Collected data:

>>>>>

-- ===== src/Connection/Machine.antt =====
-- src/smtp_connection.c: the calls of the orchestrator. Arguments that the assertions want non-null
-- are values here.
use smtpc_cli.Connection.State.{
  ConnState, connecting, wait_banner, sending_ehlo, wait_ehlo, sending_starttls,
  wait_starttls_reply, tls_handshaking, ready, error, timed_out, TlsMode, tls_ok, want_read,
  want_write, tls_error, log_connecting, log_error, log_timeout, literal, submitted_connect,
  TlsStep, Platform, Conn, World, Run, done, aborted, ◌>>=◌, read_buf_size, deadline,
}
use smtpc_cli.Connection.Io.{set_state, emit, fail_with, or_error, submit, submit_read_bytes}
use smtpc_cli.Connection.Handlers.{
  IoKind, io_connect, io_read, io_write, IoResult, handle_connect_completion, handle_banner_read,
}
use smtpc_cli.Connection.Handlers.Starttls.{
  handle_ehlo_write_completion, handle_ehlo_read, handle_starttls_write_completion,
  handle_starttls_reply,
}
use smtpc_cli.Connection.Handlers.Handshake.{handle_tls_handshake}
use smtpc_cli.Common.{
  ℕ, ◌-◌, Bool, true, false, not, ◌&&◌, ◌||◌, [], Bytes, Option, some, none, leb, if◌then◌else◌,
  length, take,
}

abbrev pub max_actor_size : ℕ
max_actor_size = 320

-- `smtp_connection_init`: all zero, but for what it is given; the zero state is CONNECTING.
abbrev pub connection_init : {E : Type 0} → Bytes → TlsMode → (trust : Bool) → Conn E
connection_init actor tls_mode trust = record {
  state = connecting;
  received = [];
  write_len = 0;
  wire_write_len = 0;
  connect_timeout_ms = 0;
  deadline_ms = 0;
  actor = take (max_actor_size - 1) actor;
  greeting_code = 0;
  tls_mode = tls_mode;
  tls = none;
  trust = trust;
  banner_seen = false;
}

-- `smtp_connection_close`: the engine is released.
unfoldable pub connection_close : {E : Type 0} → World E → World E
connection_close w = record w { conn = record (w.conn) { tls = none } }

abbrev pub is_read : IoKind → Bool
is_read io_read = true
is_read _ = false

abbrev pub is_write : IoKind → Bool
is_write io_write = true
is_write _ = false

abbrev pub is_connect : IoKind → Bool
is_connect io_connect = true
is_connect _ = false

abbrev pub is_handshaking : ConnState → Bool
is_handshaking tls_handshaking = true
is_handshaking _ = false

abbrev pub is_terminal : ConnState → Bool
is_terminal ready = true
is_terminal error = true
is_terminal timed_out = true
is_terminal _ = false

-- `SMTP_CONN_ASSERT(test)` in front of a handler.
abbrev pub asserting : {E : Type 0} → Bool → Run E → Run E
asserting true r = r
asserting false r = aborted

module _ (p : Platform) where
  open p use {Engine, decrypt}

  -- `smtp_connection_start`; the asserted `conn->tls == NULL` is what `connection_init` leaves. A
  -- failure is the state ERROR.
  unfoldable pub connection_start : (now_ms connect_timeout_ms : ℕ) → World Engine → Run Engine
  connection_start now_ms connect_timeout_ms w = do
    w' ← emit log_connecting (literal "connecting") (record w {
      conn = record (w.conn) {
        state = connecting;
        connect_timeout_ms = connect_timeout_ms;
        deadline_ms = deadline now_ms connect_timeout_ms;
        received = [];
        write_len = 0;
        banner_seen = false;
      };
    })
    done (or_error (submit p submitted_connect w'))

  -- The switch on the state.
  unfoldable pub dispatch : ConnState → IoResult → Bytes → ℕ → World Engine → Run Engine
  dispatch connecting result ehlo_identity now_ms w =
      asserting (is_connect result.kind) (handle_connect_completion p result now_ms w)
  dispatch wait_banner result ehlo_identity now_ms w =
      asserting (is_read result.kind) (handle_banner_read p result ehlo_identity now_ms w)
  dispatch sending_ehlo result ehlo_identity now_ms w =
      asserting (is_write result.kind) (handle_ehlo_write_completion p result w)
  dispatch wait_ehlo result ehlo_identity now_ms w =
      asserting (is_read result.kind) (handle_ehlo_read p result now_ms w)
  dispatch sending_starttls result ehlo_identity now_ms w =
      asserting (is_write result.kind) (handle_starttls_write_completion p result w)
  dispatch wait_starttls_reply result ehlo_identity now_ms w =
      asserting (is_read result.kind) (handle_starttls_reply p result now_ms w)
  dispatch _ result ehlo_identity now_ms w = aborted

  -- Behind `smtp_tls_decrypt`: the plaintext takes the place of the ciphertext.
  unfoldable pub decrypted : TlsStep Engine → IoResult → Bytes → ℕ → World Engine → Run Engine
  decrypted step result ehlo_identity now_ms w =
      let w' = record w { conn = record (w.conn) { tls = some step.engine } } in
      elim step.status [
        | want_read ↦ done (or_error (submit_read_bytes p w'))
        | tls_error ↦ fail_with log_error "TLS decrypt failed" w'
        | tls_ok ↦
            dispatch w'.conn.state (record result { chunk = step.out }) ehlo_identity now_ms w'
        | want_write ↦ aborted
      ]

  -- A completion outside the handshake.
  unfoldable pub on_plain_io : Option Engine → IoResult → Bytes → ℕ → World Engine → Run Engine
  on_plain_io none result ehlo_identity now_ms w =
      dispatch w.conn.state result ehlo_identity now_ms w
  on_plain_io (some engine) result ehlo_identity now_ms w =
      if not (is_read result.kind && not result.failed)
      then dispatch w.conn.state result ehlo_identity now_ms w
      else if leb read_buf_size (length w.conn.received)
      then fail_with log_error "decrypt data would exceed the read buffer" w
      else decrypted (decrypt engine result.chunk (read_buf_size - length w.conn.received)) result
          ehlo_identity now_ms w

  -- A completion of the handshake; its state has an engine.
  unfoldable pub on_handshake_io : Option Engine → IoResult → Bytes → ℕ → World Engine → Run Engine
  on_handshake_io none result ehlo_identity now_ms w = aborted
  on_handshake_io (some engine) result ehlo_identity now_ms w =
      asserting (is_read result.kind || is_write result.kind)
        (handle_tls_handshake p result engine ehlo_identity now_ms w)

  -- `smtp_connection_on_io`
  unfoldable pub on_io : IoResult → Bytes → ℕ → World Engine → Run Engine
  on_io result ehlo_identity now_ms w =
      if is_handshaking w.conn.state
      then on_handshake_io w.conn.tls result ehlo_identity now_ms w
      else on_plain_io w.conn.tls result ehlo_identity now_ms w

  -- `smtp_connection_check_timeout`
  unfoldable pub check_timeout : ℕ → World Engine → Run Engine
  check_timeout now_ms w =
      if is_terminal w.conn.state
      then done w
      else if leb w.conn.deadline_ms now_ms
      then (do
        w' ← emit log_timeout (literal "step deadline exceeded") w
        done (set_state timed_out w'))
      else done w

<<<<<

▸ **Activity**
All lines in the preceding records that hold the word "false" need to be copied.

▸ **Answer to this problem**
  ℕ, ◌-◌, Bool, true, false, not, ◌&&◌, ◌||◌, [], Bytes, Option, some, none, leb, if◌then◌else◌,
  banner_seen = false;
is_read _ = false
is_write _ = false
is_connect _ = false
is_handshaking _ = false
is_terminal _ = false
asserting false r = aborted
        banner_seen = false;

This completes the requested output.